◆ **WHAT TO WORK ON**:
Wherever "named" appears in a line of the listing, report that line.

◆ **RECORDS SHOWN**:
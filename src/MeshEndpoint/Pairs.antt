-- ===== src/MeshEndpoint/Pairs.antt =====
-- The table that `generate_bpf_service_endpoints` builds, against a list for each key.
use mesh_cni.Common.{ServiceKey, service_key_eq, EndpointValue, IpAddr}
use mesh_cni.MeshEndpoint.{BackendPortMapping, mapping_pair}
use mesh_cni.Prelude.{List, [], ◌∷◌, ◌++◌, Option, some, none, ite}
use mesh_cni.Prelude.HashMap

-- What one mapping gives for one service address and key.
unfoldable pub mapping_for : ServiceKey → Option (ServiceKey × EndpointValue) → List EndpointValue
mapping_for k none = []
mapping_for k (some (j, v)) = ite (service_key_eq.same k j) (v ∷ []) []

unfoldable pub mappings_for : ServiceKey → IpAddr → List BackendPortMapping → List EndpointValue
mappings_for k ip [] = []
mappings_for k ip (m ∷ ms) = mapping_for k (mapping_pair ip m) ++ mappings_for k ip ms

-- All the endpoints of a key, in the order of the addresses and then of the mappings.
unfoldable pub endpoints_for :
    ServiceKey → List IpAddr → List BackendPortMapping → List EndpointValue
endpoints_for k [] ms = []
endpoints_for k (ip ∷ ips) ms = mappings_for k ip ms ++ endpoints_for k ips ms

-- A row of the table with more endpoints behind it; no row is made for no endpoint.
abbrev extended : Option (List EndpointValue) → List EndpointValue → Option (List EndpointValue)
extended none [] = none
extended none (v ∷ vs) = some (v ∷ vs)
extended (some eps) vs = some (eps ++ vs)

-- The row that a list of endpoints makes: none if the list is empty.
abbrev pub row : List EndpointValue → Option (List EndpointValue)
row [] = none
row (v ∷ vs) = some (v ∷ vs)
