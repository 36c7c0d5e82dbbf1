-- ===== src/MeshService.antt =====
-- mesh-cni-service-controller/src/controller.rs: the mesh endpoint of a service that is shared
-- between clusters. The service's annotations and uid, and the mesh endpoint of its name that the
-- store has, are arguments; `differs key value labels` is what the selector of
-- `Expression::NotEqual(key, value)` answers, of the crate `kube`, and `same_spec` the derived `==`.
pub mod Settled
use mesh_cni.Common.{IpAddr}
use mesh_cni.MeshEndpoint.Generate.{generate_mesh_endpoint_spec, service_owner_label}
use mesh_cni.MeshEndpoint.{MeshEndpointSpec, Service, EndpointSlice}
use mesh_cni.Prelude.{String, List, Option, some, none, Bool, true, false, if◌then◌else◌}
use mesh_cni.Prelude.HashMap.{HashMap}

abbrev pub mesh_service : String
mesh_service = "io.cilium/global-service"

pub record MeshEndpoint : Type 0 where
  pub name_any : String
  pub spec : MeshEndpointSpec

pub record OwnerReference : Type 0 where
  pub api_version : String
  pub block_owner_deletion : Bool
  pub controller : Bool
  pub kind : String
  pub name : String
  pub uid : String

-- A request to the API server, within a namespace.
pub data Request : Type 0 where
  delete : String → String → Request
  apply : String → MeshEndpoint → OwnerReference → Request

abbrev pub uid_or_empty : Option String → String
uid_or_empty none = ""
uid_or_empty (some uid) = uid

unfoldable pub owner_references : Service → Option String → OwnerReference
owner_references service uid = record {
  api_version = "v1";
  block_owner_deletion = true;
  controller = true;
  kind = "Service";
  name = service.metadata.name_any;
  uid = uid_or_empty uid;
}

-- The service a slice belongs to, by namespace and name; `label` is the value of its owner label.
unfoldable pub endpoint_slice_mapper : EndpointSlice → Option String → Option (String × String)
endpoint_slice_mapper slice label = elim slice.metadata.namespace [
  | none ↦ none
  | some namespace ↦ elim label [ none ↦ none | some service_name ↦ some (namespace, service_name) ]
]

module _ (parse_ip : String → Option IpAddr)
    (matches differs : String → String → HashMap String String → Bool)
    (same_spec : MeshEndpointSpec → MeshEndpointSpec → Bool) (store : List EndpointSlice) where
  -- For a service without the annotation.
  unfoldable pub remove_request : String → Option MeshEndpoint → Option Request
  remove_request ns none = none
  remove_request ns (some mesh) = some (Request.delete ns mesh.name_any)

  -- For a service with it.
  unfoldable pub apply_request :
      String → Service → Option String → Option MeshEndpoint → Option Request
  apply_request ns service uid cached =
      let spec = generate_mesh_endpoint_spec parse_ip matches store service in
      let request = some (
        Request.apply ns (record { name_any = service.metadata.name_any; spec = spec })
          (owner_references service uid)) in
      elim cached [ none ↦ request | some mep ↦ if same_spec mep.spec spec then none else request ]

  -- The body, from the service's namespace.
  unfoldable pub reconcile_in :
      Service
      → HashMap String String
      → Option String
      → Option MeshEndpoint
      → Option String
      → Option Request
  reconcile_in service annotations uid cached none = none
  reconcile_in service annotations uid cached (some ns) =
      if differs mesh_service "true" annotations
      then remove_request ns cached
      else apply_request ns service uid cached

  -- The request that `reconcile` sends, if any; it then waits for the next change.
  unfoldable pub reconcile_service :
      Service → HashMap String String → Option String → Option MeshEndpoint → Option Request
  reconcile_service service annotations uid cached =
      reconcile_in service annotations uid cached service.metadata.namespace
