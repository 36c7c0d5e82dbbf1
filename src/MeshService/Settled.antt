-- ===== src/MeshService/Settled.antt =====
-- When `reconcile` has nothing to send.
use mesh_cni.Common.{IpAddr}
use mesh_cni.MeshEndpoint.Generate.{generate_mesh_endpoint_spec}
use mesh_cni.MeshEndpoint.{MeshEndpointSpec, Service, EndpointSlice}
use mesh_cni.MeshService.{
  MeshEndpoint, Request, mesh_service, remove_request, apply_request, reconcile_in,
  reconcile_service,
}
use mesh_cni.Prelude.{
  String, List, Option, some, none, Bool, true, false, ◌≡◌, refl, sym, ◌⊎◌, inl, inr, ◌↔◌, ◌≢◌,
  ◌&&◌, if◌then◌else◌, Bool-cases, arith,
}
use mathlib.Core.Path.{subst}
use text.Mathlib.Text.{◌==◌ as str_eq}
use text.Mathlib.TextEquality.{eq_iff}
use mesh_cni.Prelude.HashMap.{HashMap}

-- The mesh endpoints of the API server, by namespace and name.
abbrev pub Stored : Type 0
Stored = String → String → Option MeshEndpoint

-- One of them changes.
abbrev pub stored_with : String → String → Option MeshEndpoint → Stored → Stored
stored_with ns name mep stored n m = if str_eq n ns && str_eq m name then mep else stored n m

-- The mesh endpoints that are stored after a request was carried out.
abbrev pub carried_out : Option Request → Stored → Stored
carried_out none stored = stored
carried_out (some (Request.delete ns name)) stored = stored_with ns name none stored
carried_out (some (Request.apply ns mep owner)) stored =
    stored_with ns mep.name_any (some mep) stored

stored_with-same :
    (ns name : String) (mep : Option MeshEndpoint) (stored : Stored)
    → stored_with ns name mep stored ns name ≡ mep
stored_with-same ns name mep stored =
    let a = (eq_iff ns ns).1 refl in let b = (eq_iff name name).1 refl in rw (a, b) refl

stored_with-other :
    (ns name n m : String) (mep : Option MeshEndpoint) (stored : Stored)
    → (n ≢ ns) ⊎ (m ≢ name)
    → stored_with ns name mep stored n m ≡ stored n m
stored_with-other ns name n m mep stored ne = elim (Bool-cases (str_eq n ns)) [
  | inr e ↦ rw e refl
  | inl e ↦ elim (Bool-cases (str_eq m name)) [
    | inr f ↦ rw (e, f) refl
    | inl f ↦ absurd (elim ne [ inl h ↦ h ((eq_iff n ns).0 e) | inr h ↦ h ((eq_iff m name).0 f) ])
  ]
]

module _ (parse_ip : String → Option IpAddr)
    (matches differs : String → String → HashMap String String → Bool)
    (same_spec : MeshEndpointSpec → MeshEndpointSpec → Bool) (store : List EndpointSlice)
    (service : Service) (annotations : HashMap String String) (uid : Option String) where
  -- The stored mesh endpoint is as it should be.
  abbrev pub AsWanted : Option MeshEndpoint → Type 0
  AsWanted cached =
      ((differs mesh_service "true" annotations ≡ true) × (cached ≡ none))
      ⊎ ((differs mesh_service "true" annotations ≡ false)
          × ((mep : MeshEndpoint) × (cached ≡ some mep)
              × (same_spec mep.spec (generate_mesh_endpoint_spec parse_ip matches store service)
                  ≡ true)))

  abbrev reconciled : Option MeshEndpoint → Option String → Option Request
  reconciled cached =
      reconcile_in parse_ip matches differs same_spec store service annotations uid cached

  in_namespace :
      (ns : String) (cached : Option MeshEndpoint)
      → (reconciled cached (some ns) ≡ none) ↔ AsWanted cached
  unfolding reconcile_in remove_request apply_request
  in_namespace ns none = elim (Bool-cases (differs mesh_service "true" annotations)) [
    | inl e ↦ (λ _. inl (e, refl), λ _. rw e)
    | inr e ↦ (λ h. absurd (ground (arith, h, e)), λ w. absurd (ground (arith, w, e)))
  ]
  in_namespace ns (some mep) = elim (Bool-cases (differs mesh_service "true" annotations)) [
    | inl e ↦ (
      λ h. absurd (ground (arith, h, e)),
      λ w. absurd (elim w [ inl (d, c) ↦ cc | inr (d, _) ↦ cc ]),
    )
    | inr e ↦
        elim (Bool-cases
          (same_spec mep.spec (generate_mesh_endpoint_spec parse_ip matches store service))) [
            | inl f ↦ (λ _. inr (e, (mep, refl, f)), λ _. rw (e, f))
            | inr f ↦ (
              λ h. absurd (ground (arith, h, e, f)),
              λ w. absurd (elim w [
                | inl (d, c) ↦ cc
                | inr (d, (m, c, t)) ↦
                    let same : mep ≡ m = cc in
                    let u : same_spec mep.spec
                          (generate_mesh_endpoint_spec parse_ip matches store service)
                        ≡ true =
                      rw same t in
                    cc
              ]),
            )
          ]
  ]

  -- For a service whose namespace is given, `reconcile` sends nothing if and only if a service
  -- without the annotation has no mesh endpoint, and one with it has one with the generated spec.
  pub reconcile_service-none :
      (namespace : String) (cached : Option MeshEndpoint)
      → service.metadata.namespace ≡ some namespace
      → (reconcile_service parse_ip matches differs same_spec store service annotations uid cached
          ≡ none)
        ↔ AsWanted cached
  unfolding reconcile_service
  reconcile_service-none namespace cached given =
      subst (λ o. (reconciled cached o ≡ none) ↔ AsWanted cached) (sym given)
        (in_namespace namespace cached)

  after-AsWanted :
      (ns : String) (stored : Stored)
      → ((spec : MeshEndpointSpec) → same_spec spec spec ≡ true)
      → (cached : Option MeshEndpoint) → stored ns service.metadata.name_any ≡ cached
      → ((mep : MeshEndpoint) → cached ≡ some mep → mep.name_any ≡ service.metadata.name_any)
      → AsWanted (carried_out (reconciled cached (some ns)) stored ns service.metadata.name_any)
        × ((n m : String)
            → (n ≢ ns) ⊎ (m ≢ service.metadata.name_any)
            → carried_out (reconciled cached (some ns)) stored n m ≡ stored n m)
  unfolding reconcile_in remove_request apply_request
  after-AsWanted ns stored reflexive none at named =
      elim (Bool-cases (differs mesh_service "true" annotations)) [
        | inl e ↦ rw e (inl (refl, at), λ n m ne. refl)
        | inr e ↦ rw e (
          inr (
            refl,
            (
              _,
              stored_with-same ns service.metadata.name_any _ stored,
              reflexive (generate_mesh_endpoint_spec parse_ip matches store service),
            ),
          ),
          λ n m. stored_with-other ns service.metadata.name_any n m _ stored,
        )
      ]
  after-AsWanted ns stored reflexive (some mep) at named =
      elim (Bool-cases (differs mesh_service "true" annotations)) [
        | inl e ↦
            rw (e, named mep refl)
              (
                inl (refl, stored_with-same ns service.metadata.name_any none stored),
                λ n m. stored_with-other ns service.metadata.name_any n m none stored,
              )
        | inr e ↦
            elim (Bool-cases
              (same_spec mep.spec (generate_mesh_endpoint_spec parse_ip matches store service))) [
                | inl f ↦ rw (e, f) (inr (refl, (mep, at, f)), λ n m ne. refl)
                | inr f ↦
                    rw (e, f)
                      (
                        inr (
                          refl,
                          (
                            _,
                            stored_with-same ns service.metadata.name_any _ stored,
                            reflexive (generate_mesh_endpoint_spec parse_ip matches store service),
                          ),
                        ),
                        λ n m. stored_with-other ns service.metadata.name_any n m _ stored,
                      )
              ]
      ]

  -- For a service in a namespace, where the store knows each mesh endpoint by its own name and a
  -- spec equals itself: once the request of `reconcile` was carried out on the object that it
  -- names, the mesh endpoint of the service's namespace and name is as wanted (none without the
  -- annotation, one with the generated spec with it), no other object has changed, and `reconcile`
  -- on the same service and slices sends nothing more.
  pub reconcile_service-settles :
      (ns : String) (stored : Stored)
      → service.metadata.namespace ≡ some ns
      → ((spec : MeshEndpointSpec) → same_spec spec spec ≡ true)
      → ((mep : MeshEndpoint)
          → stored ns service.metadata.name_any ≡ some mep
          → mep.name_any ≡ service.metadata.name_any)
      → let request =
          reconcile_service parse_ip matches differs same_spec store service annotations uid
            (stored ns service.metadata.name_any) in
        AsWanted (carried_out request stored ns service.metadata.name_any)
        × ((n m : String)
            → (n ≢ ns) ⊎ (m ≢ service.metadata.name_any)
            → carried_out request stored n m ≡ stored n m)
        × (reconcile_service parse_ip matches differs same_spec store service annotations uid
              (carried_out request stored ns service.metadata.name_any)
            ≡ none)
  unfolding reconcile_service
  reconcile_service-settles ns stored given reflexive named =
      let after =
        after-AsWanted ns stored reflexive (stored ns service.metadata.name_any) refl named in
      let moved =
        subst
          (λ o.
            AsWanted (
              carried_out (reconciled (stored ns service.metadata.name_any) o) stored ns
                service.metadata.name_any)
            × ((n m : String)
                → (n ≢ ns) ⊎ (m ≢ service.metadata.name_any)
                → carried_out (reconciled (stored ns service.metadata.name_any) o) stored n m
                  ≡ stored n m))
          (sym given) after in
      (moved.0, moved.1, (reconcile_service-none ns _ given).1 moved.0)
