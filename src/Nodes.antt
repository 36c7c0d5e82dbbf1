-- ===== src/Nodes.antt =====
-- mesh-cni/src/kubernetes/node.rs: the taints that keep pods from a node until the agent is ready.
-- The API server behind `kube` is the parameter `NodeApi`; of a node the fields that are read are
-- modelled, and `others` stands for the rest of it and of a taint.
pub mod Taints
use mesh_cni.Prelude.Result.{Result, ok, err, Proc, pure}
use mesh_cni.Prelude.{
  String, List, [], ◌∷◌, Option, some, none, Bool, true, false, not, ◌||◌, if◌then◌else◌,
}
use text.Mathlib.Text.{◌==◌ as str_eq}

pub record Taint : Type 0 where
  pub key : String
  pub others : String

pub record NodeSpec (Others : Type 0) : Type 0 where
  pub taints : Option (List Taint)
  pub others : Others

pub record Node (Others : Type 0) : Type 0 where
  pub name_any : String
  pub spec : Option (NodeSpec Others)

pub record NodeApi (S Others : Type 0) : Type 0 where
  pub get : S → String → Result (Node Others)
  pub replace : String → Node Others → Proc S (Unit {0})

abbrev taint_mesh_startup : String
taint_mesh_startup = "mesh-cni.dev/startup"

abbrev taint_cilium_startup : String
taint_cilium_startup = "node.cilium.io/agent-not-ready"

unfoldable pub is_startup : Taint → Bool
is_startup t = str_eq t.key taint_mesh_startup || str_eq t.key taint_cilium_startup

unfoldable pub retain : {A : Type 0} → (A → Bool) → List A → List A
retain p [] = []
retain p (x ∷ xs) = let rest = retain p xs in if p x then x ∷ rest else rest

abbrev pub without_startup : List Taint → List Taint
without_startup = retain (λ t. not (is_startup t))

module _ {S Others : Type 0} (api : NodeApi S Others) where
  -- The node that is sent, where it has taints.
  abbrev pub untainted : Node Others → NodeSpec Others → List Taint → Node Others
  untainted node spec taints = record node {
    spec = some (record spec { taints = some (without_startup taints) });
  }

  abbrev pub with_taints : Node Others → NodeSpec Others → Option (List Taint) → Proc S (Unit {0})
  with_taints node spec none = pure tt
  with_taints node spec (some taints) = api.replace node.name_any (untainted node spec taints)

  abbrev pub with_spec : Node Others → Option (NodeSpec Others) → Proc S (Unit {0})
  with_spec node none = pure tt
  with_spec node (some spec) = with_taints node spec spec.taints

  abbrev pub on_node : Result (Node Others) → Proc S (Unit {0})
  on_node (err e) s = (err e, s)
  on_node (ok node) s = with_spec node node.spec s

  unfoldable pub remove_startup_taint : String → Proc S (Unit {0})
  remove_startup_taint node_name s = on_node (api.get s node_name) s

◆ **WRITTEN RESPONSE**:
  after-AsWanted ns stored reflexive none at named =
  after-AsWanted ns stored reflexive (some mep) at named =
            rw (e, named mep refl)
  reconcile_service-settles ns stored given reflexive named =
        after-AsWanted ns stored reflexive (stored ns service.metadata.name_any) refl named in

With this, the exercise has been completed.